In 2022, Giah announced an agreement with the American production company Buffalo 8 to direct Lost Coyote, a feature film written by Gustavo Freitas and then in development.

== Discography ==

=== Albums and compilations ===

- Semente (1997)
- Mais Dias na Terra (2006; preliminary release in 2005)
- Yesterday’s Tomorrow (2008)
- Queimando a Moleira (2010)
- Co'as Goela e Tudo, with Perseptom Vocal Band (2011)
- Pop em Pedaço Vol. 01 (2012)
- Single Puzzle Piece Vol. 01 (2012)
- Pop em Pedaço Vol. 02 (2014)

=== Video ===

- Uma Tarde Onde Nasci — DVD (2006)

== Awards and nominations ==

=== Music ===

- 1998 — Sharp Award nomination for Semente.
- 1998 — Finalist in the instrumental edition of the Visa Award.
- 1998 — Runner-up at the Berklee/Souza Lima Festival.
- 2006 — Pre-selected for the TIM Music Award for Mais Dias na Terra.
- 2006 — Pre-selected for the Latin Grammy Awards for Mais Dias na Terra.
- 2008 — Honorable mention in the World category of the John Lennon Songwriting Contest for “Amar com E”.
- 2009 — Honorable mention in the 16th Billboard World Song Contest for “Time Is So Still”.
- 2010 — Honorable mention in Mike Pinder’s Songwars for “Time Is So Still”.
- 2010 — International Artist nomination at the Musicoz Awards.
- 2011 — Tied runner-up for Best Folk/World Album at the Contemporary A Cappella Recording Awards for Co'as Goela e Tudo.
- 2011 — Runner-up for Favorite Central/South American A Cappella Group at the A Cappella Community Awards.
- 2011 — Album of the Year at the Caiubi Awards for Co'as Goela e Tudo.
- 2012 — Suggested Artist Honors in the Song of the Year competition for “Talentless Lover”.

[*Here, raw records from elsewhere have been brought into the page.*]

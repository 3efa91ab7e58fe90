-- ===== src/Lower/UnsignedIcmpLaws.antt =====
-- What the blocks that replace an unsigned comparison compute.
use clam.Prelude.{
  ℕ, ◌*◌, ◌<◌, ◌≡◌, ◌↔◌, refl, sym, ap, subst, some_inv, ◌∙◌, Bool, true, false, some, ltb,
  if◌then◌else◌, arith, inl, inr, Bool-cases,
}
use clam.Llvm.{
  Predicate, icmp_ugt, icmp_uge, icmp_ult, icmp_ule, icmp_sgt, icmp_sge, Icmp, IcmpLaws, Operand,
  constant, variable, Cmp, Fragment, of_bool, value_of, eval_cmp, run,
}
use clam.Lower.UnsignedIcmp.{
  is_non_neg_int_cst, swap_operands, normalize_by, normalize_cmp_inst, signed_cmp, lower_constant,
  lower_general, process_unsigned_icmp, is_unsigned_less,
}

of_bool-injective : (x y : Bool) → of_bool x ≡ of_bool y → x ≡ y
of_bool-injective x y h = ground arith

-- What the branches of the general case choose, from the two tests and the signed comparison.
abbrev pub choose : Bool → Bool → Bool → Bool
choose nonneg1 nonneg2 less =
    if nonneg1 then (if nonneg2 then less else false) else (if nonneg2 then true else less)

module _ {half : ℕ} (m : Icmp half) (laws : IcmpLaws m) where
  non_negative : (a : ℕ) → a < 2 * half → m.icmp icmp_sge a 0 ≡ ltb a half
  non_negative a h = laws.sge_law a 0 ∙ ground arith

  -- The signed comparisons give just what the branches choose.
  choose-signed :
      (p : Predicate) (a b : ℕ)
      → is_unsigned_less p ≡ true
      → a < 2 * half
      → b < 2 * half
      → choose (ltb a half) (ltb b half) (m.icmp (m.signed_of p) a b) ≡ m.icmp (m.signed_of p) a b
  unfolding is_unsigned_less
  choose-signed icmp_ult a b h ha hb = rw (laws.signed_ult, laws.slt_law a b) (ground arith)
  choose-signed icmp_ule a b h ha hb = rw (laws.signed_ule, laws.sle_law a b) (ground arith)
  choose-signed _ a b h ha hb = cc

  -- The unsigned comparison agrees with the signed one exactly for operands of one sign.
  agree_iff :
      (p : Predicate) (a b : ℕ)
      → is_unsigned_less p ≡ true
      → a < 2 * half
      → b < 2 * half
      → (m.icmp (m.signed_of p) a b ≡ m.icmp p a b) ↔ (ltb a half ≡ ltb b half)
  unfolding is_unsigned_less
  agree_iff icmp_ult a b h ha hb =
      rw (laws.signed_ult, laws.slt_law a b, laws.ult_law a b) (ground arith)
  agree_iff icmp_ule a b h ha hb =
      rw (laws.signed_ule, laws.sle_law a b, laws.ule_law a b) (ground arith)
  agree_iff _ a b h ha hb = absurd (cc)

module _ {half : ℕ} (m : Icmp half) (env : ℕ → ℕ) where
  -- every value is a bit pattern
  abbrev pub InRange : Cmp → Type 0
  InRange c = (value_of m env c.lhs < 2 * half) × (value_of m env c.rhs < 2 * half)

  lower_general-choose :
      (c : Cmp)
      → run m env (lower_general m c)
        ≡ some (
            of_bool (
              choose
                (m.icmp icmp_sge (value_of m env c.lhs) 0)
                (m.icmp icmp_sge (value_of m env c.rhs) 0)
                (eval_cmp m env (signed_cmp m c))))
  unfolding run lower_general
  lower_general-choose c = ground arith

  lower_constant-choose :
      (c : Cmp) (nonneg2 : Bool)
      → run m env (lower_constant m c nonneg2)
        ≡ some (
            of_bool (
              if nonneg2
              then choose
                  (m.icmp icmp_sge (value_of m env c.lhs) 0)
                  true
                  (eval_cmp m env (signed_cmp m c))
              else choose true
                  (m.icmp icmp_sge (value_of m env c.rhs) 0)
                  (eval_cmp m env (signed_cmp m c))))
  unfolding run lower_constant
  lower_constant-choose c true = ground arith
  lower_constant-choose c false = ground arith

module _ {half : ℕ} (m : Icmp half) (laws : IcmpLaws m) (env : ℕ → ℕ) where
  non_neg_int_cst-value :
      (x : Operand) → is_non_neg_int_cst half x ≡ true → ltb (value_of m env x) half ≡ true
  unfolding is_non_neg_int_cst value_of
  non_neg_int_cst-value (constant k) h = h
  non_neg_int_cst-value (variable x) h = cc

  module _ (c : Cmp) (less : is_unsigned_less c.pred ≡ true) (range : InRange m env c) where
    abbrev a : ℕ
    a = value_of m env c.lhs

    abbrev b : ℕ
    b = value_of m env c.rhs

    chosen :
        choose (ltb a half) (ltb b half) (eval_cmp m env (signed_cmp m c))
        ≡ eval_cmp m env (signed_cmp m c)
    unfolding eval_cmp signed_cmp
    chosen = choose-signed m laws c.pred a b less range.0 range.1

    general_signed :
        run m env (lower_general m c) ≡ some (of_bool (eval_cmp m env (signed_cmp m c)))
    general_signed =
        lower_general-choose m env c
        ∙ ap (λ x. some (of_bool x))
            (rw (non_negative m laws a range.0, non_negative m laws b range.1) chosen)

    constant_signed :
        (nonneg2 : Bool)
        → (if nonneg2 then ltb b half else ltb a half) ≡ true
        → run m env (lower_constant m c nonneg2) ≡ some (of_bool (eval_cmp m env (signed_cmp m c)))
    constant_signed true h =
        lower_constant-choose m env c true
        ∙ ap (λ x. some (of_bool x))
            (rw (non_negative m laws a range.0) (ground (arith, h, chosen)))
    constant_signed false h =
        lower_constant-choose m env c false
        ∙ ap (λ x. some (of_bool x))
            (rw (non_negative m laws b range.1) (ground (arith, h, chosen)))

    abbrev Gives : Fragment → Type 0
    Gives f = run m env f ≡ some (of_bool (eval_cmp m env (signed_cmp m c)))

    -- The blocks that replace an unsigned comparison always give the value of the signed one, for
    -- operands of both signs, in the special case of a constant operand and in the general case.
    pub process_unsigned_icmp-signed :
        (f : Fragment)
        → process_unsigned_icmp m c ≡ some f
        → run m env f ≡ some (of_bool (eval_cmp m env (signed_cmp m c)))
    unfolding process_unsigned_icmp
    process_unsigned_icmp-signed f h = elim (Bool-cases (is_non_neg_int_cst half c.rhs)) [
      | inl e2 ↦ elim (Bool-cases (is_non_neg_int_cst half c.lhs)) [
        | inl e1 ↦ absurd (cc (rw (e1, e2) at h))
        | inr e1 ↦
            let same : some (lower_constant m c true) ≡ some f = rw (e1, e2) at h in
            subst Gives (some_inv same) (constant_signed true (non_neg_int_cst-value c.rhs e2))
      ]
      | inr e2 ↦ elim (Bool-cases (is_non_neg_int_cst half c.lhs)) [
        | inl e1 ↦
            let same : some (lower_constant m c false) ≡ some f = rw (e1, e2) at h in
            subst Gives (some_inv same) (constant_signed false (non_neg_int_cst-value c.lhs e1))
        | inr e1 ↦
            let same : some (lower_general m c) ≡ some f = rw (e1, e2) at h in
            subst Gives (some_inv same) general_signed
      ]
    ]

    -- They give the value of the unsigned comparison that they replace exactly when both operands
    -- have the same sign bit.
    pub process_unsigned_icmp-agree :
        (f : Fragment)
        → process_unsigned_icmp m c ≡ some f
        → (run m env f ≡ some (of_bool (eval_cmp m env c))) ↔ (ltb a half ≡ ltb b half)
    unfolding eval_cmp signed_cmp
    process_unsigned_icmp-agree f h =
        let agree = agree_iff m laws c.pred a b less range.0 range.1 in
        let value = process_unsigned_icmp-signed f h in
        (
          λ e. agree.0 (of_bool-injective _ _ (some_inv (sym value ∙ e))),
          λ e. value ∙ ap (λ x. some (of_bool x)) (agree.1 e),
        )

-- The predicates that are left after normalization.
abbrev pub IsNormal : Predicate → Type 0
IsNormal icmp_ugt = ⊥
IsNormal icmp_sgt = ⊥
IsNormal icmp_uge = ⊥
IsNormal icmp_sge = ⊥
IsNormal _ = Unit

module _ {half : ℕ} (m : Icmp half) (laws : IcmpLaws m) (env : ℕ → ℕ) where
  eval_cmp-swap : (c : Cmp) → eval_cmp m env (swap_operands m c) ≡ eval_cmp m env c
  unfolding eval_cmp swap_operands
  eval_cmp-swap c = laws.swapped_law c.pred (value_of m env c.lhs) (value_of m env c.rhs)

  normalize_by-eval :
      (p : Predicate) (c : Cmp) → eval_cmp m env (normalize_by m p c) ≡ eval_cmp m env c
  unfolding normalize_by
  normalize_by-eval icmp_ugt c = eval_cmp-swap c
  normalize_by-eval icmp_sgt c = eval_cmp-swap c
  normalize_by-eval icmp_uge c = eval_cmp-swap c
  normalize_by-eval icmp_sge c = eval_cmp-swap c
  normalize_by-eval _ c = refl

  normalize_by-IsNormal :
      (p : Predicate) (c : Cmp) → c.pred ≡ p → IsNormal (normalize_by m p c).pred
  unfolding normalize_by swap_operands
  normalize_by-IsNormal icmp_ugt c e = rw (e, laws.swapped_ugt) tt
  normalize_by-IsNormal icmp_sgt c e = rw (e, laws.swapped_sgt) tt
  normalize_by-IsNormal icmp_uge c e = rw (e, laws.swapped_uge) tt
  normalize_by-IsNormal icmp_sge c e = rw (e, laws.swapped_sge) tt
  normalize_by-IsNormal _ c e = rw e tt

  -- Normalizing keeps the value of a comparison, and leaves none of UGT, UGE, SGT and SGE.
  pub normalize_cmp_inst-keeps :
      (c : Cmp)
      → (eval_cmp m env (normalize_cmp_inst m c) ≡ eval_cmp m env c)
        × IsNormal (normalize_cmp_inst m c).pred
  unfolding normalize_cmp_inst
  normalize_cmp_inst-keeps c = (normalize_by-eval c.pred c, normalize_by-IsNormal c.pred c refl)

=== Film and advertising ===

- 2016 — Gold Lion at the Cannes Lions International Festival of Creativity for “Parkinsounds”.
- 2016 — Silver Lion at Cannes Lions for “Parkinsounds”.
- 2016 — Two Gold and one Silver Clio Awards for “Parkinsounds”.
- 2017 — Silver Lion at Cannes Lions in the Entertainment for Music category.
- 2019 — Gold Lion at Cannes Lions.
- 2021 — Best Director nomination at the Rio de Janeiro International Short Film Festival for Gael: Seu Motorista Está a Caminho.